The utility of endometrial MSC combined with novel scaffold non-degradable biomaterials developed with CSIRO collaborators and more recently degradable nanomaterials by team member Dr Shayanti Mukherjee as a cell-based therapy for treating and preventing Pelvic Organ Prolapse. Our tissue engineering approach for vaginal surgical repair shows promise in a rat model and in a sheep vaginal surgery model for pre-clinical studies. This interdisciplinary research also includes the following

  • Using a small molecule to maintain stemness of endometrial MSC during culture expansion, producing a reproducible cell product for clinical use. Combined RNAseq and ATACseq has discovered the mechanism involved and the research has been applied to placental, menstrual blood, adipose and bone marrow MSC
  • The identification of parous sheep with weakened vaginal walls by adapting clinical approaches used in humans for selection of sheep for preclinical assessment of tissue engineering constructs in vaginal surgery
  • Development of a simple two step surgical procedure for insertion of mesh and endometrial MSC in an ovine model of Pelvic Organ Prolapse
  • The development of a secondary prevention strategy for treating women soon after childbirth with their own endometrial MSC and novel nanobiomaterials for local delivery of cells to prevent Pelvic Organ Prolapse occurring later in life
  • The immunomodulatory properties of human endometrial MSC. Similar to bone marrow MSC, endometrial MSC show anti-inflammatory, immunomodulatory properties and promote wound healing in culture and in mouse, rat and ovine models
  • Development of a novel pressure sensor device using fibre optics technology by collaborators from Flinders University has been trialled in women to more precisely diagnose areas of vaginal wall weakness.
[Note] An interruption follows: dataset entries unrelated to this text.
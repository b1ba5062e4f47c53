-- ===== src/Storage/Compaction/Merge/Drain.antt =====
-- The loop over one source.
use toradb.Prelude.{
  ℕ, ◌≤◌, ◌<◌, ◌≡◌, refl, sym, ap, ◌∙◌, inl, inr, true, Bool-cases, Option, none, some, List, [],
  ◌∷◌, ◌++◌, append-nil, append_assoc, ltb, leb, ltb→lt, ◌⊎◌, if◌then◌else◌, Text, length, take,
  drop, retain, arith, take-append-drop, Result,
}
use toradb.Storage.Compaction.Merge.{
  Row, MergeSource, Merged, went_on, Turn, stay, whole, part, Disk, no_id, batch_max_id, split_pos,
  unwrap_or, peeked_min, read, source, turn, delete_if_done, drain,
}
use toradb.Storage.Compaction.Merge.Batches.{
  span, end_of, span-append, span_left, span_right, max-end, batch_max_id-some, batch_min_id-first,
  split_pos_left, split_pos_right, split_pos_found,
}
use toradb.Storage.Compaction.Merge.Reading.{
  unread_reader, unread, is_readable, is_ready, next_is_ready, drop-is_ready, recast, live_rows,
  live_rows-append, Casts,
}
use toradb.Storage.Compaction.Merge.Writing.{write_batch_lem, write_part_lem, out-delete_if_done}

-- Where the loop stands after a source was drained up to a cutoff: some rows went to the segment,
-- and those that remain start at the cutoff.
pub record Drained {C : Type 0} {D : Type 0} (f : C → D) (deleted : List ℕ) (l c : ℕ)
    (rows : List (Row C)) (w : Merged D) (s' : MergeSource C) (w' : Merged D) : Type 0 where
  pub taken : List (Row C)
  pub splits : rows ≡ taken ++ unread s'.peeked s'.reader
  pub writes : w'.out ≡ w.out ++ live_rows deleted f taken
  pub before : span l c taken ≡ true
  pub behind : span c no_id (unread s'.peeked s'.reader) ≡ true
  pub ready : is_ready s'.peeked s'.reader ≡ true
  pub first : s'.min_id ≡ peeked_min s'.peeked

turn_at :
    {C : Type 0} (c m x : ℕ) (b : List (Row C))
    → batch_max_id b ≡ some x
    → turn c (some b) m ≡ (if leb c m then stay else (if ltb x c then whole b else part b))
unfolding turn
turn_at {C = C} c m x b e =
    ap
      (λ (o : Option ℕ). elim o as (λ _. Turn C) [
        | none ↦ stay
        | some y ↦ if leb c m then stay else (if ltb y c then whole b else part b)
      ])
      e

-- What the guards decide on a batch that is ready.
turn-cases :
    {C : Type 0} (l c m : ℕ) (q : Row C) (b ys : List (Row C))
    → span l no_id ((q ∷ b) ++ ys) ≡ true
    → m ≡ peeked_min (some (q ∷ b))
    → ((turn c (some (q ∷ b)) m ≡ stay) × (span c no_id ((q ∷ b) ++ ys) ≡ true))
      ⊎ (((turn c (some (q ∷ b)) m ≡ whole (q ∷ b)) × (end_of l (q ∷ b) ≤ c))
          ⊎ ((turn c (some (q ∷ b)) m ≡ part (q ∷ b)) × (split_pos (q ∷ b) c < length (q ∷ b))))
turn-cases l c m q b ys h is =
    let here = span_left l no_id (q ∷ b) ys h in
    let (x, e) = batch_max_id-some q b in
    let first : m ≡ q.0 =
      is ∙ ap (unwrap_or no_id) (batch_min_id-first l (end_of l (q ∷ b)) q b here) in
    let last = max-end l (end_of l (q ∷ b)) x (q ∷ b) e here in
    rw (turn_at c m x (q ∷ b) e) (elim (Bool-cases (leb c m)) [
      | inl k ↦ rw k (inl (refl, unfold span in ground (arith, first, h)))
      | inr k ↦ elim (Bool-cases (ltb x c)) [
        | inl below ↦ rw (k, below) (inr (inl (refl, omega (arith, last, ltb→lt x c below))))
        | inr above ↦ rw (k, above) (inr (inr (refl, split_pos_found c x (q ∷ b) e (ground arith))))
      ]
    ])

module _ {C : Type 0} {D : Type 0} (deleted : List ℕ) (f : C → D) where
  stay-Drained :
      (l c : ℕ) (path : Text) (b : Option (List (Row C))) (rs : List (Result (List (Row C))))
      (w : Merged D) (m : ℕ)
      → m ≡ peeked_min b
      → l ≤ c
      → is_ready b rs ≡ true
      → span c no_id (unread b rs) ≡ true
      → Drained f deleted l c
          (unread b rs)
          w
          (record { path = path; peeked = b; reader = rs; min_id = m })
          w
  unfolding span recast retain
  stay-Drained l c path b rs w m is le ready behind = record {
    taken = [];
    splits = refl;
    writes = sym (append-nil w.out);
    before = ground arith;
    behind = behind;
    ready = ready;
    first = is;
  }

  -- A whole batch in front of what is drained after it.
  whole-Drained :
      (l c : ℕ) (b rest : List (Row C)) (w w' w'' : Merged D) (s : MergeSource C)
      → w'.out ≡ w.out ++ live_rows deleted f b
      → span l (end_of l b) b ≡ true
      → Drained f deleted (end_of l b) c rest w' s w''
      → Drained f deleted l c (b ++ rest) w s w''
  whole-Drained l c b rest w w' w'' s e h d = record {
    taken = b ++ d.taken;
    splits =
        ap (λ (x : List (Row C)). b ++ x) d.splits
        ∙ sym (append_assoc b d.taken (unread s.peeked s.reader));
    writes =
        d.writes
        ∙ ap (λ (x : List (Row D)). x ++ live_rows deleted f d.taken) e
        ∙ append_assoc w.out (live_rows deleted f b) (live_rows deleted f d.taken)
        ∙ ap (λ (x : List (Row D)). w.out ++ x) (sym (live_rows-append deleted f b d.taken));
    before = span-append l (end_of l b) c b d.taken h d.before;
    behind = d.behind;
    ready = d.ready;
    first = d.first;
  }

  -- A batch that is split at the cutoff.
  part-Drained :
      (l c : ℕ) (path : Text) (q : Row C) (b : List (Row C)) (rs : List (Result (List (Row C))))
      (w w' : Merged D)
      → l ≤ c
      → is_readable rs ≡ true
      → span l no_id ((q ∷ b) ++ unread_reader rs) ≡ true
      → split_pos (q ∷ b) c < length (q ∷ b)
      → w'.out ≡ w.out ++ live_rows deleted f (take (split_pos (q ∷ b) c) (q ∷ b))
      → Drained f deleted l c
          ((q ∷ b) ++ unread_reader rs)
          w
          (source path (some (drop (split_pos (q ∷ b) c) (q ∷ b))) rs)
          w'
  unfolding unread
  part-Drained l c path q b rs w w' le readable h found e =
      let p = split_pos (q ∷ b) c in
      record {
        taken = take p (q ∷ b);
        splits =
            ap (λ (x : List (Row C)). x ++ unread_reader rs) (sym (take-append-drop p (q ∷ b)))
            ∙ append_assoc (take p (q ∷ b)) (drop p (q ∷ b)) (unread_reader rs);
        writes = e;
        before = split_pos_left l no_id c (q ∷ b) (unread_reader rs) h le;
        behind = split_pos_right l no_id c (q ∷ b) (unread_reader rs) h found;
        ready = drop-is_ready p (q ∷ b) rs found readable;
        first = refl;
      }

module _ {C : Type 0} {D : Type 0} (disk : Disk C D) (deleted : List ℕ) (f : C → D) where
  pub drain_lem :
      Casts disk f
      → (l c : ℕ) (path : Text) (peeked : Option (List (Row C))) (m : ℕ)
        (rs : List (Result (List (Row C)))) (w : Merged D)
      → l ≤ c
      → c ≤ no_id
      → m ≡ peeked_min peeked
      → is_ready peeked rs ≡ true
      → span l no_id (unread peeked rs) ≡ true
      → (s' : MergeSource C) × (w' : Merged D) × (drain disk deleted c path peeked m rs w
          ≡ went_on (s', w'))
        × Drained f deleted l c (unread peeked rs) w s' w'
  unfolding drain is_ready unread unread_reader is_readable
  drain_lem casts l c path none m [] w le top is ready h = (
    source path none [],
    w,
    rw (is, drain),
    stay-Drained deleted f l c path none [] w no_id refl le refl (unfold span in ground arith),
  )
  drain_lem casts l c path none m (r ∷ rs) w le top is ready h = absurd (ground arith)
  drain_lem casts l c path (some []) m rs w le top is ready h = absurd (ground arith)
  drain_lem casts l c path (some (q ∷ b)) m [] w le top is ready h =
      elim (turn-cases l c m q b [] h is) [
        | inl (t, behind) ↦ (
          record { path = path; peeked = some (q ∷ b); reader = []; min_id = m },
          w,
          rw (t, drain),
          stay-Drained deleted f l c path (some (q ∷ b)) [] w m is le ready behind,
        )
        | inr (inl (t, fits)) ↦
            let (w', wrote, out) =
              write_batch_lem disk deleted f casts (q ∷ b)
                (record w { removed = w.removed ++ path ∷ [] }) in
            (
              source path none [],
              w',
              rw (t, wrote, drain),
              whole-Drained deleted f l c (q ∷ b) [] w w' w' (source path none []) out
                  (span_left l no_id (q ∷ b) [] h)
                  (stay-Drained deleted f (end_of l (q ∷ b)) c path none [] w' no_id refl fits refl
                    (unfold span in ground arith)),
            )
        | inr (inr (t, found)) ↦
            let (w', wrote, out) = write_part_lem disk deleted f casts c path (q ∷ b) [] w found in
            (
              source path (some (drop (split_pos (q ∷ b) c) (q ∷ b))) [],
              w',
              rw (t, wrote, drain),
              part-Drained deleted f l c path q b [] w w' le ready h found out,
            )
      ]
  drain_lem casts l c path (some (q ∷ b)) m (r ∷ rs) w le top is ready h =
      elim (turn-cases l c m q b (unread_reader (r ∷ rs)) h is) [
        | inl (t, behind) ↦ (
          record { path = path; peeked = some (q ∷ b); reader = r ∷ rs; min_id = m },
          w,
          rw (t, drain),
          stay-Drained deleted f l c path (some (q ∷ b)) (r ∷ rs) w m is le ready behind,
        )
        | inr (inl (t, fits)) ↦
            let next = next_is_ready r rs ready in
            let w0 = delete_if_done path (read r) w in
            let (w', wrote, out) = write_batch_lem disk deleted f casts (q ∷ b) w0 in
            let (s, w'', goes, d) =
              drain_lem casts (end_of l (q ∷ b)) c path (read r) (peeked_min (read r)) rs w' fits
                top refl (next.0)
                (rw (next.1) (span_right l no_id (q ∷ b) (unread_reader (r ∷ rs)) h)) in
            (
              s,
              w'',
              rw (t, wrote, goes, drain),
              whole-Drained deleted f l c (q ∷ b) (unread_reader (r ∷ rs)) w w' w'' s
                  (out
                    ∙ ap (λ (x : List (Row D)). x ++ live_rows deleted f (q ∷ b))
                        (out-delete_if_done disk deleted f path (read r) w))
                  (span_left l no_id (q ∷ b) (unread_reader (r ∷ rs)) h) (rw (sym (next.1)) d),
            )
        | inr (inr (t, found)) ↦
            let (w', wrote, out) =
              write_part_lem disk deleted f casts c path (q ∷ b) (r ∷ rs) w found in
            (
              source path (some (drop (split_pos (q ∷ b) c) (q ∷ b))) (r ∷ rs),
              w',
              rw (t, wrote, drain),
              part-Drained deleted f l c path q b (r ∷ rs) w w' le ready h found out,
            )
      ]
Endometrial Stem Cell Biology Research group projects

Endometriosis/gynaecological disease

  • RNAseq on purified populations of endometrial stem/progenitor cells is being examined to identify differences between women with endometriosis that allow the stem/progenitor cells to implant and grow in the pelvis and normal women.
  • Use of 3D organoid cultures to investigate the properties and signalling pathways used by human and mouse endometrial epithelial progenitor cells.
  • Role of immune modulation in development of endometriosis.
  • The role of endometrial stem/ progenitor cells in stillbirth.
  • Investigation of neonatal uterine bleeding as a potential biomarker of adolescent endometriosis.
  • The role of endometrial stem/ progenitor cells in endometrial-related infertility where the endometrium fails to support embryo implantation particularly in women with Recurrent Implantation Failure undergoing IVF procedures.

Pelvic organ prolapse

  • Development of a large animal (sheep) pre-clinical model of birth-induced injury to assess the efficacy of autologous endometrial MSC as a cell-based therapy to prevent Pelvic Organ Prolapse.
  • Developing potency assays and release criteria for autologous endometrial MSC in preparation for clinical use.
  • Nanotechnology and tissue engineering strategies for preventing and treating Pelvic Floor Disorders.
  • Use of 3D printing approaches to assess design principles influencing the efficacy of degradable scaffolds for delivering MSC to damaged vaginal tissue and promote healing.